Leukemias may be treated with chemotherapy, radiation therapy, surgery to remove the spleen, monoclonal antibody therapy or chemotherapy combined with bone-marrow or stem-cell transplantation.

Monoclonal antibody therapy is a treatment that uses antibodies (types of proteins) produced in a lab to kill cancer cells, block their growth or prevent them from spreading. These antibodies are given by infusion, and they may be used by themselves or as agents to carry drugs, radioactive material or toxins to cancer cells.

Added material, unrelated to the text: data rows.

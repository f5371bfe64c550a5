-- ===== src/Tests/AddrSpaces.antt =====
-- A run of code/userprog/addrspace.cc on a program of three instructions, in sector 5 of the disk.
use my_nachos.Shared.{
  ℕ, ◌*◌, ◌<◌, ◌≡◌, refl, true, false, none, List, [], ◌∷◌, ◌++◌, set, replicate, take, Result, ok,
  stop, arith, inr,
}
use my_nachos.SynchDisk.{SynchDisk}
use my_nachos.OpenFile.{OpenFile}
use my_nachos.Machine.State.{Machine, page_size}
use my_nachos.Machine.Boot.{new_machine}
use my_nachos.Machine.Translate.{mapped, translate}
use my_nachos.AddrSpace.{AddrSpace, new_addr_space, restore_state}
use my_nachos.AddrSpace.Identity.{translate-new_addr_space}
use my_nachos.Tests.FileSystems.{blank, later}

-- The magic number, a code segment of 12 bytes at 40 in the file, and no data.
abbrev program : List ℕ
program =
    173
    ∷ 223
    ∷ 186
    ∷ 0
    ∷ (replicate 4 0
        ++ (40
            ∷ 0
            ∷ 0
            ∷ 0
            ∷ 12
            ∷ 0
            ∷ 0
            ∷ 0
            ∷ (replicate 24 0
                ++ (1 ∷ 2 ∷ 3 ∷ 4 ∷ 5 ∷ 6 ∷ 7 ∷ 8 ∷ 9 ∷ 10 ∷ 11 ∷ 12 ∷ replicate 76 0))))

abbrev program_disk : SynchDisk
program_disk = record {
  disk = record {
    sectors = set (replicate 1024 blank) 5 program;
    active = false;
    last_sector = 0;
    buffer_init = 0;
  };
  ticks = 0;
}

abbrev executable : OpenFile
executable = record {
  hdr = record { num_bytes = 52; num_sectors = 1; data_sectors = 5 ∷ [] };
  seek_position = 0;
}

abbrev loaded_or :
    AddrSpace × (Machine × SynchDisk)
    → Result (AddrSpace × (Machine × SynchDisk))
    → AddrSpace × (Machine × SynchDisk)
loaded_or d (ok r) = r
loaded_or d (stop e) = d

abbrev loaded : AddrSpace × (Machine × SynchDisk)
loaded =
    loaded_or (record { page_table = []; num_pages = 0 }, (new_machine, program_disk))
      (new_addr_space later executable (replicate 40 7) new_machine program_disk)

load_run :
    new_addr_space later executable (replicate 40 7) new_machine program_disk
    ≡ ok (loaded.0, (loaded.1.0, loaded.1.1))
unfolding new_addr_space my_nachos.AddrSpace.load_program my_nachos.AddrSpace.load_segment
    my_nachos.AddrSpace.store_bytes my_nachos.AddrSpace.identity_table
    my_nachos.AddrSpace.identity_entry my_nachos.AddrSpace.space_size
    my_nachos.AddrSpace.swap_header my_nachos.AddrSpace.swap_segment
    my_nachos.AddrSpace.word_to_host my_nachos.AddrSpace.noff_header_at
    my_nachos.AddrSpace.segment_at my_nachos.Machine.Boot.new_machine
    my_nachos.Machine.Words.signed_lt my_nachos.OpenFile.read_at my_nachos.OpenFile.read_span
    my_nachos.OpenFile.read_from my_nachos.OpenFile.clip my_nachos.OpenFile.is_refused
    my_nachos.SynchDisk.read_sector my_nachos.SynchDisk.await my_nachos.Disk.read_request
    my_nachos.Disk.handle_interrupt my_nachos.Disk.update_last my_nachos.Disk.buffered
    my_nachos.Disk.compute_latency my_nachos.Disk.modulo_diff my_nachos.Disk.time_to_seek
    my_nachos.FileHeader.file_length my_nachos.FileHeader.byte_to_sector
load_run = refl

-- Nine pages, and the code at the start of the memory.
loaded_run :
    (loaded.0.num_pages ≡ 9)
    × (take 13 loaded.1.0.main_memory ≡ 1 ∷ 2 ∷ 3 ∷ 4 ∷ 5 ∷ 6 ∷ 7 ∷ 8 ∷ 9 ∷ 10 ∷ 11 ∷ 12 ∷ 0 ∷ [])
unfolding new_addr_space my_nachos.AddrSpace.load_program my_nachos.AddrSpace.load_segment
    my_nachos.AddrSpace.store_bytes my_nachos.AddrSpace.identity_table
    my_nachos.AddrSpace.identity_entry my_nachos.AddrSpace.space_size
    my_nachos.AddrSpace.swap_header my_nachos.AddrSpace.swap_segment
    my_nachos.AddrSpace.word_to_host my_nachos.AddrSpace.noff_header_at
    my_nachos.AddrSpace.segment_at my_nachos.Machine.Boot.new_machine
    my_nachos.Machine.Words.signed_lt my_nachos.OpenFile.read_at my_nachos.OpenFile.read_span
    my_nachos.OpenFile.read_from my_nachos.OpenFile.clip my_nachos.OpenFile.is_refused
    my_nachos.SynchDisk.read_sector my_nachos.SynchDisk.await my_nachos.Disk.read_request
    my_nachos.Disk.handle_interrupt my_nachos.Disk.update_last my_nachos.Disk.buffered
    my_nachos.Disk.compute_latency my_nachos.Disk.modulo_diff my_nachos.Disk.time_to_seek
    my_nachos.FileHeader.file_length my_nachos.FileHeader.byte_to_sector
loaded_run = (refl, refl)

no_tlb : new_machine.tlb ≡ none
unfolding new_machine
no_tlb = refl

in_space : 8 < loaded.0.num_pages * page_size
unfolding new_addr_space my_nachos.AddrSpace.load_program my_nachos.AddrSpace.load_segment
    my_nachos.AddrSpace.store_bytes my_nachos.AddrSpace.identity_table
    my_nachos.AddrSpace.identity_entry my_nachos.AddrSpace.space_size
    my_nachos.AddrSpace.swap_header my_nachos.AddrSpace.swap_segment
    my_nachos.AddrSpace.word_to_host my_nachos.AddrSpace.noff_header_at
    my_nachos.AddrSpace.segment_at my_nachos.Machine.Boot.new_machine
    my_nachos.Machine.Words.signed_lt my_nachos.OpenFile.read_at my_nachos.OpenFile.read_span
    my_nachos.OpenFile.read_from my_nachos.OpenFile.clip my_nachos.OpenFile.is_refused
    my_nachos.SynchDisk.read_sector my_nachos.SynchDisk.await my_nachos.Disk.read_request
    my_nachos.Disk.handle_interrupt my_nachos.Disk.update_last my_nachos.Disk.buffered
    my_nachos.Disk.compute_latency my_nachos.Disk.modulo_diff my_nachos.Disk.time_to_seek
    my_nachos.FileHeader.file_length my_nachos.FileHeader.byte_to_sector
in_space = omega arith

translate-new_addr_space_example :
    (m : Machine) × (translate (restore_state loaded.0 loaded.1.0) 8 4 true ≡ ok (mapped 8 m))
translate-new_addr_space_example =
    translate-new_addr_space later executable (replicate 40 7) new_machine program_disk loaded.0
      loaded.1.0 loaded.1.1 8 4 true no_tlb load_run (inr (inr refl)) refl in_space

Chemotherapy combined with bone-marrow or stem-cell transplantation is used for patients with advanced cancers. The extremely high doses of chemotherapy given destroy bone marrow and then a bone-marrow transplant is given to replace the marrow. Alternately, in a stem-cell transplant, abnormal stem cells are removed from the patient’s blood or marrow, given high-dose chemotherapy and then reinfused into the patient’s bloodstream to grow into healthy blood cells.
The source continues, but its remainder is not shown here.